An Open Letter to the President
Dear Mr. President:
My apologies for missing your commencement address at the University of California at Irvine on June 14, honoring the 50th anniversary of one of our fine academic institutions. Meetings with my constituents just seemed more pressing, and, of course, we can meet back in Washington whenever it's convenient for you.
In any case, between fundraisers and enjoying the "Zot! Zot! Zot!" chants of the graduating Anteaters, the questions I have raised about your "green" agenda clearly were on your mind. You evidently determined that ridiculing those, like me, who question your "settled" science would be the best way to make your case.
To the laughing grads, you said: "And today's Congress is full of folks who stubbornly and automatically reject the scientific evidence about climate change. They will tell you it is a hoax, or a fad. There was one member of Congress who mentioned a theory involving ‘dinosaur flatulence' - which I won't get into."
Mr. President, we both know I have referred to the theory of man-made global warming as a "hoax," and, yes, I once used the phrase "dinosaur flatulence" as a soft jab at what I considered to be climate alarmism.
What I have learned is never to underestimate humorless zealots, especially those cloaked in the pretensions of "science." My little attempt at lighthearted ridicule was reported and endlessly repeated as though it is something I seriously believe.
The continuing misrepresentation of my humor underscores my observation that global-warming alarmists misrepresent what they portray as facts. One of the traits of a fanatic is the willingness to conduct personal attacks, to limit debate, to use questionable facts and to seek government to impose policy on others.
Sir, my congressional colleagues and I cannot ignore costs when making decisions. Simply put, no matter how apocalyptic the theory behind it, we cannot make this crony-capitalist concoction of yours into a policy priority.
We're also obliged to hold in check the coercive ambitions of a science-government complex, that with research grants, regulatory overreach and legislative conceit corrals scientists into acquiescence and conformity.
That complex corrupts scientific method itself. When one of your top EPA administrators came before the Science, Space and Technology Committee, I asked her about the much-heralded claim that "97 percent" of scientists form a global-warming "consensus" - consensus being historically antithetical to scientific inquiry itself.
Her stammered answer would have made any U.C. Irvine student blush, as would any such feeble research. Did anyone ever ask 97 percent of the world's scientists? Seriously?

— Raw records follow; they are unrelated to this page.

-- ===== src/Connect.antt =====
-- src/peer_connect.py: which agent asks for a connection, and the connection of two sessions. The
-- table of processes, the lists of sessions, `register` and the runs of `peer-chat start` are arguments.
-- The snapshot of the destination in the report of `connect` is that of src/peer_observe.py, and is left
-- out here. A bridge that was started has a configuration.
pub mod Caller
pub mod Retained
use Prim.Native.String.{◌++◌}
use peer_chat.Base.{
  ℕ, zero, suc, String, Bool, true, false, not, ◌&&◌, ◌||◌, Option, none, some, List, [], ◌∷◌,
  ◌++◌ as join_lists, map, if◌then◌else◌, ◌==◌, leb, nat_eq, any, find, is_some,
}
use peer_chat.Base.Format.{show_int}
use peer_chat.Base.Int.{pos, negsuc}
use peer_chat.Base.Json.{Value, null, int, str, obj, member, insert, is_text, or_else}
use peer_chat.Base.Text.{prefix, strip}
use peer_chat.Budget.{DeliveryState, delivery_state, lifecycle_observed}
use peer_chat.Selection.{Choice, one, ambiguous, none_match}
use peer_chat.Selection.Strategies.{select_session}
use peer_chat.Store.{Store, get, put}

-- The table of processes: `parent_pid` and `process_comm`.
pub record Processes : Type 0 where
  pub parent : ℕ → Option ℕ
  pub comm : ℕ → Option String

pub data Agent : Type 0 where
  codex claude : Agent

abbrev pub agent_of : Option String → Option Agent
agent_of none = none
agent_of (some n) =
    if n == "codex" then some Agent.codex else if n == "claude" then some Agent.claude else none

abbrev was_seen : ℕ → List ℕ → Bool
was_seen pid seen = any (λ p. nat_eq p pid) seen

-- The loop of `caller_agent`, with the steps that are left.
unfoldable pub climb : Processes → ℕ → List ℕ → Option ℕ → Option (Agent × ℕ)
climb w zero seen pid = none
climb w (suc n) seen none = none
climb w (suc n) seen (some p) =
    let rest = climb w n (p ∷ seen) (w.parent p) in
    if leb p 1 || was_seen p seen
    then none
    else (elim (agent_of (w.comm p)) [ some a ↦ some (a, p) | none ↦ rest ])

-- `caller_agent`, from the parent of the process.
unfoldable pub caller_agent : Processes → Option ℕ → Option (Agent × ℕ)
unfolding climb
caller_agent w start = climb w 64 [] start

-- A row of `peers()`, as it stands among the sessions.
abbrev native_row : Value → Value
native_row (obj r) = obj (insert "id" (member (obj r) "session") (insert "kind" (str "claude") r))
native_row v = v

-- `all_sessions`
unfoldable pub all_sessions : List Value → List Value → List Value
all_sessions sessions natives = join_lists sessions (map native_row natives)

abbrev known_phase : Value → Value
known_phase v =
    if is_text v "idle" || (is_text v "active" || is_text v "unknown") then v else str "unknown"

-- `_seed_phase`
unfoldable pub seed_phase : Value → Store → Store
seed_phase phase s = elim (s.meta "phase") [ none ↦ put "phase" (known_phase phase) s | some v ↦ s ]

-- The stores under the root of the state, by thread.
abbrev pub Stores : Type 0
Stores = String → Store

unfoldable pub at_thread : String → (Store → Store) → Stores → Stores
at_thread t f stores k = if t == k then f (stores k) else stores k

-- What a run of `peer-chat start` ends in: its error output, or the key that it prints.
pub data Ran : Type 0 where
  failed : String → Ran
  finished : String → Ran

-- What `connect` calls: the identity of a process, the run of a command in an environment with a
-- CODEX_HOME, and the registration of a session of the caller.
pub record Actions : Type 0 where
  pub identity : Value → Value
  pub run : Value → List String → Stores → Ran × Stores
  pub register : String → Stores → Option Value × Stores

abbrev pub is_codex : Value → Bool
is_codex peer = is_text (member peer "kind") "codex"

abbrev pub text_of : Value → String
text_of (str s) = s
text_of _ = ""

abbrev pub thread_of : Value → String
thread_of row = text_of (member row "thread")

abbrev pub has_pid : ℕ → Value → Bool
has_pid pid row = elim (member row "pid") [ int (pos n) ↦ nat_eq n pid | _ ↦ false ]

abbrev number_text : Value → String
number_text (int n) = show_int n
number_text _ = ""

abbrev link_arguments : Value → List String
link_arguments peer =
    if is_codex peer
    then "--peer-thread" ∷ thread_of peer ∷ []
    else "--peer-pid"
      ∷ number_text (member peer "pid")
      ∷ "--peer-socket"
      ∷ text_of (member peer "socket")
      ∷ "--peer-name"
      ∷ text_of (or_else (member peer "name") (str "Claude"))
      ∷ []

-- The arguments of `peer-chat`, but for the root of the state.
unfoldable pub start_command : Value → Value → List String
start_command recipient peer =
    "--thread"
    ∷ thread_of recipient
    ∷ "start"
    ∷ "--owner-pid"
    ∷ number_text (member recipient "owner_pid")
    ∷ "--owner-identity"
    ∷ text_of (member recipient "owner_identity")
    ∷ "--delivery"
    ∷ "auto"
    ∷ link_arguments peer

-- The end of `_start`.
pub data Started : Type 0 where
  refused : String → Started
  enrolled : String → Started

abbrev pub started_of : Ran × Stores → Started × Stores
started_of (failed error, stores) =
    (refused ("Connection failed: " ++ prefix 500 (strip error)), stores)
started_of (finished key, stores) = (enrolled key, stores)

-- `_start` for a recipient and a peer.
unfoldable pub start : Actions → Value → Value → Stores → Started × Stores
unfolding start_command
start a recipient peer stores =
    if is_text (a.identity (member recipient "owner_pid"))
      (text_of (member recipient "owner_identity"))
    then started_of (a.run (member recipient "codex_home") (start_command recipient peer) stores)
    else (refused "Selected Codex process exited; discover sessions again", stores)

pub record Report : Type 0 where
  pub thread : String
  pub peer : Value
  pub address : String
  pub delivery : Value
  pub phase : Value
  pub delivery_state : DeliveryState
  pub recipient_phase : Value
  pub recipient_delivery_state : DeliveryState
  pub is_observed : Bool
  pub next : String

-- What `connect` ends in: an error, the endpoint of a native peer, or a report.
pub data Outcome : Type 0 where
  raised : String → Outcome
  unselected : Option (Choice Value) → Outcome
  native : Value → String → Outcome
  connected : Report → Outcome

abbrev pub is_claude_at : ℕ → Value → Bool
is_claude_at pid row = is_text (member row "kind") "claude" && has_pid pid row

abbrev phase_of : Value → Value
phase_of row = elim (member row "phase") [ null ↦ str "unknown" | v ↦ v ]

abbrev uds : Value → String
uds socket = "uds:" ++ text_of socket

-- The default destination of the initiating session.
unfoldable pub set_default : String → Store → Store
set_default key s = elim (get s "config" null) [
  | obj config ↦ put "config" (obj (insert "default_peer" (str key) config)) s
  | _ ↦ s
]

abbrev next_step : Bool → Bool → String
next_step from_claude observed =
    (if from_claude
      then "Send using native SendMessage to this address."
      else "Send with peer-chat send --to SESSION_NAME --file PATH; use --reply-to MESSAGE_ID for replies.")
    ++ (if observed
        then ""
        else " Messages are retained in the inbox until Codex runs its hooks; connecting does not wake an untouched tab.")

-- The report: `s` is the store of the thread, and `d` that of the recipient of the messages.
unfoldable pub report : Bool → String → Value → Store → Store → Report
report from_claude thread peer s d = record {
  thread = thread;
  peer = member peer "name";
  address = uds (member (get s "config" null) "socket");
  delivery = get s "delivery" null;
  phase = get s "phase" (str "unknown");
  delivery_state = delivery_state (get s);
  recipient_phase = get d "phase" (str "unknown");
  recipient_delivery_state = delivery_state (get d);
  is_observed = lifecycle_observed (get d);
  next = next_step from_claude (lifecycle_observed (get d));
}

abbrev and_report : Bool → String → Value → Stores → Outcome × Stores
and_report from_claude thread peer stores = (
  connected (
      report from_claude thread peer (stores thread)
        (if not from_claude && is_codex peer then stores (thread_of peer) else stores thread)),
  stores,
)

-- The end for a Claude caller: the phase of the recipient is seeded.
unfoldable pub finish_claude : Value → Stores → Outcome × Stores
unfolding report
finish_claude peer stores =
    and_report true (thread_of peer) peer
      (at_thread (thread_of peer) (seed_phase (phase_of peer)) stores)

-- The end for a Codex caller, whose default destination changes.
unfoldable pub finish_codex : String → Value → String → Stores → Outcome × Stores
unfolding report
finish_codex thread peer key stores =
    and_report false thread peer
      (at_thread thread (set_default key) (at_thread thread (seed_phase (str "active")) stores))

unfoldable pub started_claude : Value → Started × Stores → Outcome × Stores
unfolding finish_claude
started_claude peer (refused text, stores) = (raised text, stores)
started_claude peer (enrolled key, stores) = finish_claude peer stores

-- The endpoint of another native session.
abbrev pub native_link : Bool → Value → Outcome
native_link here peer =
    if here
    then raised "Select another session"
    else native (member peer "name") (uds (member peer "socket"))

-- A Claude caller, by its row among the sessions.
unfoldable pub connect_claude : Actions → ℕ → Value → Option Value → Stores → Outcome × Stores
unfolding started_claude
connect_claude a pid peer none stores =
    (raised "This Claude session has no live native messaging endpoint", stores)
connect_claude a pid peer (some caller) stores =
    if is_text (member peer "kind") "claude"
    then (native_link (has_pid pid peer) peer, stores)
    else started_claude peer (start a peer caller stores)

-- The other half of a link between two Codex sessions.
unfoldable pub back_started : String → Value → String → Started × Stores → Outcome × Stores
unfolding finish_codex
back_started thread peer key (refused text, stores) = (
  raised ("Reciprocal connection incomplete; the first enrollment is retained for retry. " ++ text),
  stores,
)
back_started thread peer key (enrolled _, stores) =
    finish_codex thread peer key (at_thread (thread_of peer) (seed_phase (phase_of peer)) stores)

unfoldable pub started_codex :
    Actions → String → Value → Value → Started × Stores → Outcome × Stores
unfolding back_started finish_codex
started_codex a thread caller peer (refused text, stores) = (raised text, stores)
started_codex a thread caller peer (enrolled key, stores) =
    if is_codex peer
    then back_started thread peer key (start a peer caller stores)
    else finish_codex thread peer key stores

unfoldable pub registered_codex :
    Actions → String → Value → Option Value × Stores → Outcome × Stores
unfolding started_codex
registered_codex a thread peer (none, stores) =
    (raised "Could not identify this Codex session", stores)
registered_codex a thread peer (some caller, stores) =
    if is_codex peer && is_text (member peer "thread") thread
    then (raised "Select another session", stores)
    else started_codex a thread caller peer (start a caller peer stores)

-- The caller, the thread that it names, and the peer that was selected.
unfoldable pub connect_to :
    Actions → List Value → Option (Agent × ℕ) → String → Value → Stores → Outcome × Stores
unfolding connect_claude registered_codex
connect_to a rows (some (Agent.claude, pid)) thread peer stores =
    connect_claude a pid peer (find (is_claude_at pid) rows) stores
connect_to a rows (some (Agent.codex, pid)) thread peer stores =
    if thread == ""
    then (raised "Run connect from the intended Codex or Claude session", stores)
    else registered_codex a thread peer (a.register thread stores)
connect_to a rows none thread peer stores =
    (raised "Run connect from the intended Codex or Claude session", stores)

-- The outcome of `select_session`.
unfoldable pub connect_choice :
    Actions
    → List Value
    → Option (Agent × ℕ)
    → String
    → Option (Choice Value)
    → Stores
    → Outcome × Stores
unfolding connect_to
connect_choice a rows caller thread (some (one peer)) stores =
    connect_to a rows caller thread peer stores
connect_choice a rows caller thread choice stores = (unselected choice, stores)

-- `connect`
unfoldable pub connect :
    Actions
    → (String → String)
    → (String → Option ℕ)
    → List Value
    → List Value
    → Option (Agent × ℕ)
    → Value
    → String
    → Stores
    → Outcome × Stores
unfolding connect_choice
connect a lower number sessions natives caller target thread stores =
    let rows = all_sessions sessions natives in
    connect_choice a rows caller thread (select_session lower number rows target none) stores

It turns out, the sampling that led to this preposterous 97 percent claim was a questionnaire of scientists predisposed to agree. Tautologies are commonplace in politics, but this kind of methodology has no place in academia. And those charged with regulating us should be disqualified when they resort to them.
This dodge, Mr. President, was repeated when I asked the same question to the head of the National Oceanic and Atmospheric Administration, as well as your own science adviser, John Holdren. None would defend the claim that 97 percent of all scientists support the theory of man-made global warming.
Moreover, reported land-based, near-surface temperatures have not increased in the past 17 years. Not one of the more than 70 different climate models predicted such a pause.
Meanwhile, analyses and studies that disagree with the predetermined intergovernmental outcome, such as the recent study showing that Antarctic glacier melt is a result of volcanoes, are ignored by the United Nations Intergovernmental Panel on Climate Change and by your administration.
Despite our current severe conditions in California, there is less global drought now than "average." All climate models predict a wetter California in a warming world, not a drier one.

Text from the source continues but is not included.